---------- Records provided ----------

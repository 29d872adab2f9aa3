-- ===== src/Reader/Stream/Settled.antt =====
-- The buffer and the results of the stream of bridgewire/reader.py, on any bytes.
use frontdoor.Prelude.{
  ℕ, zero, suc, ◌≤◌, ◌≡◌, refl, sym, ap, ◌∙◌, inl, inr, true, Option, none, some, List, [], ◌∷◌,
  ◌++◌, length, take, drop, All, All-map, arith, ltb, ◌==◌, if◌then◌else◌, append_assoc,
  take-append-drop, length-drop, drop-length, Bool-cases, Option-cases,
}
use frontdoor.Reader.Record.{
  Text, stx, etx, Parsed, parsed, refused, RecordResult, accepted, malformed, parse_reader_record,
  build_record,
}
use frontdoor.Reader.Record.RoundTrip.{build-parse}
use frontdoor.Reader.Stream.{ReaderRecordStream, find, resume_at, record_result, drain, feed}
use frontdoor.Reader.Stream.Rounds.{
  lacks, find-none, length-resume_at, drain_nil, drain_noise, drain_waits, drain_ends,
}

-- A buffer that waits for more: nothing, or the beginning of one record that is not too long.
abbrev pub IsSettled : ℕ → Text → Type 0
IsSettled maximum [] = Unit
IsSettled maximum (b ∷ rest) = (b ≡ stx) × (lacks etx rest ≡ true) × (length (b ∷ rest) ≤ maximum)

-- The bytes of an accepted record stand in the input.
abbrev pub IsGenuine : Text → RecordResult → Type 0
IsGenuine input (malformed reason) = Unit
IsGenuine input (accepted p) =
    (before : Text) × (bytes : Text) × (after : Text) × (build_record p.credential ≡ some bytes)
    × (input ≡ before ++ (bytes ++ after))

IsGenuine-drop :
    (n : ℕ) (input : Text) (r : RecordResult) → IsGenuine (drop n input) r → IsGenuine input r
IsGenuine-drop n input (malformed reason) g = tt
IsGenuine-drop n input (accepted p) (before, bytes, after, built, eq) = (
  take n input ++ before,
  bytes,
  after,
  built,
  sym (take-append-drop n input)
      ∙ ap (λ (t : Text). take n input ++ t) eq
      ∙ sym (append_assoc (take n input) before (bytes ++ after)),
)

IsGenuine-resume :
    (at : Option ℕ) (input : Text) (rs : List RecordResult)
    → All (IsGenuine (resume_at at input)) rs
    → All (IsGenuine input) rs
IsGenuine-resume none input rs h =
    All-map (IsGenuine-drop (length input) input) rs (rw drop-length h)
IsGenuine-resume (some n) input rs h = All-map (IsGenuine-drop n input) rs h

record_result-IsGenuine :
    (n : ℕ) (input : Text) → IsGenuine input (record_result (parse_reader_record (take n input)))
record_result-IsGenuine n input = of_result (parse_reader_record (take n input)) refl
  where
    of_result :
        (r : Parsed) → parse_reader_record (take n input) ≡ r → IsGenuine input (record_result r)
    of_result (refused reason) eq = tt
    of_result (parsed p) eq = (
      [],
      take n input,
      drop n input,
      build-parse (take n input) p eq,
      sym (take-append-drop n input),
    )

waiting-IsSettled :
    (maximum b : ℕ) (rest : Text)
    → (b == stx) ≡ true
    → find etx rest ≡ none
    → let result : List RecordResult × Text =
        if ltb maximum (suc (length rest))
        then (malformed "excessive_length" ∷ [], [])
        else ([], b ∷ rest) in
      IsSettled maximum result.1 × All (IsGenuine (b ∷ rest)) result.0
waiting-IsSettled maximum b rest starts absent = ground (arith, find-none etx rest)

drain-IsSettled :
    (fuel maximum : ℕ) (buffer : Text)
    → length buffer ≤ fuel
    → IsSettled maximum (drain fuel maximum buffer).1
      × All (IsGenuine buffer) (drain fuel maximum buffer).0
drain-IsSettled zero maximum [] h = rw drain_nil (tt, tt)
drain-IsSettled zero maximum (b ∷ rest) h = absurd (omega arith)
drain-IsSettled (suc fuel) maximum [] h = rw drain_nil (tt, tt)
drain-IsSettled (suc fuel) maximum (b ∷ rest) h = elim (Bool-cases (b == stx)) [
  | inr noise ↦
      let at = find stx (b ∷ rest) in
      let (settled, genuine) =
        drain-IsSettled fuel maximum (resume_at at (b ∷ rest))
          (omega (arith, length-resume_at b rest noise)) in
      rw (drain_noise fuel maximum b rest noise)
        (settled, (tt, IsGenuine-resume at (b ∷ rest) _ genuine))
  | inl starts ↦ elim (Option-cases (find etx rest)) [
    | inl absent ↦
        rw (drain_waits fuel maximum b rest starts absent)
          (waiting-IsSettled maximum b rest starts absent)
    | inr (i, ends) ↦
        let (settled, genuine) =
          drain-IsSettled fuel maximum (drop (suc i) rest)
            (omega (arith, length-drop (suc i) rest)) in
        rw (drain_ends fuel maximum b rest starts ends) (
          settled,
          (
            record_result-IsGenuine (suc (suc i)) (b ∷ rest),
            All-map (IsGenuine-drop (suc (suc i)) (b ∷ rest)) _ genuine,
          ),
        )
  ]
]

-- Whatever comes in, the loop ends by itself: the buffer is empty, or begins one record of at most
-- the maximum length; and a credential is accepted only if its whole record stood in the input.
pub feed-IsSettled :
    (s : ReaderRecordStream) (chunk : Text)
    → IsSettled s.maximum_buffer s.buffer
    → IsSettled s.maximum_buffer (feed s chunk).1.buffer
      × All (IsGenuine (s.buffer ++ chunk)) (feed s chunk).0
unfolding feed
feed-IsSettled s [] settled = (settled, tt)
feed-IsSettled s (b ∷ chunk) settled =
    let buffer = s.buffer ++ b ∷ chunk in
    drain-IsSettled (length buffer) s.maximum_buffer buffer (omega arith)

----------
---------- Records provided ----------

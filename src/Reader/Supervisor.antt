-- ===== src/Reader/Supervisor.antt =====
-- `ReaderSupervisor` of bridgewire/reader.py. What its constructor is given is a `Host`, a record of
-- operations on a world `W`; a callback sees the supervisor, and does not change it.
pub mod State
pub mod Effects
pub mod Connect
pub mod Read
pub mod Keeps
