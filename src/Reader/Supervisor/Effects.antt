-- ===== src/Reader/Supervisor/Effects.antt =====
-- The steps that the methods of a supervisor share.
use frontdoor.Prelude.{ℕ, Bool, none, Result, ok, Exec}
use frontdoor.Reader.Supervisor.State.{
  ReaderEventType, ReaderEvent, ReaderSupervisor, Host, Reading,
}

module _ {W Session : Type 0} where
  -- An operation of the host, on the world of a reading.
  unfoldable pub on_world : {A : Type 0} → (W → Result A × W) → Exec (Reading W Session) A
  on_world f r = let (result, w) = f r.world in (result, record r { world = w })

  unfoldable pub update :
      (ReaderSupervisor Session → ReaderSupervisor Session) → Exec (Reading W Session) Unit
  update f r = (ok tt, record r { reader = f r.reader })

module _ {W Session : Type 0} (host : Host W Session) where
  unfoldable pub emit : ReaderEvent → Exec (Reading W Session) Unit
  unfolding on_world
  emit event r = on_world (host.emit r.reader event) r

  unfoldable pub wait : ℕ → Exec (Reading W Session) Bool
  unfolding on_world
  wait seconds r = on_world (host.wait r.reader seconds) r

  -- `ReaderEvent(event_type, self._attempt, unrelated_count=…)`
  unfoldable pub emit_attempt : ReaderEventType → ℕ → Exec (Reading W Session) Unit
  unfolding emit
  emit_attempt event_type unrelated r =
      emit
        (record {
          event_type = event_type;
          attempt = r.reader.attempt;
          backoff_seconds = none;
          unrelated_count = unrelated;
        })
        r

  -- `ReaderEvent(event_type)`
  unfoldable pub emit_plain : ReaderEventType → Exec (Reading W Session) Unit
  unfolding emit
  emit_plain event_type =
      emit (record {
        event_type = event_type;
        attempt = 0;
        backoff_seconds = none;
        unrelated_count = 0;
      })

----------

▶ [What you will do] Transcribe the lines above between the line holding "IsSettled s.maximum_buffer s.buffer" and the line holding "let buffer = s.buffer ++ b ∷ chunk in", inclusive, exactly as they stand and with nothing added.

▶ [Solution]
    → IsSettled s.maximum_buffer s.buffer
    → IsSettled s.maximum_buffer (feed s chunk).1.buffer
      × All (IsGenuine (s.buffer ++ chunk)) (feed s chunk).0
unfolding feed
feed-IsSettled s [] settled = (settled, tt)
feed-IsSettled s (b ∷ chunk) settled =
    let buffer = s.buffer ++ b ∷ chunk in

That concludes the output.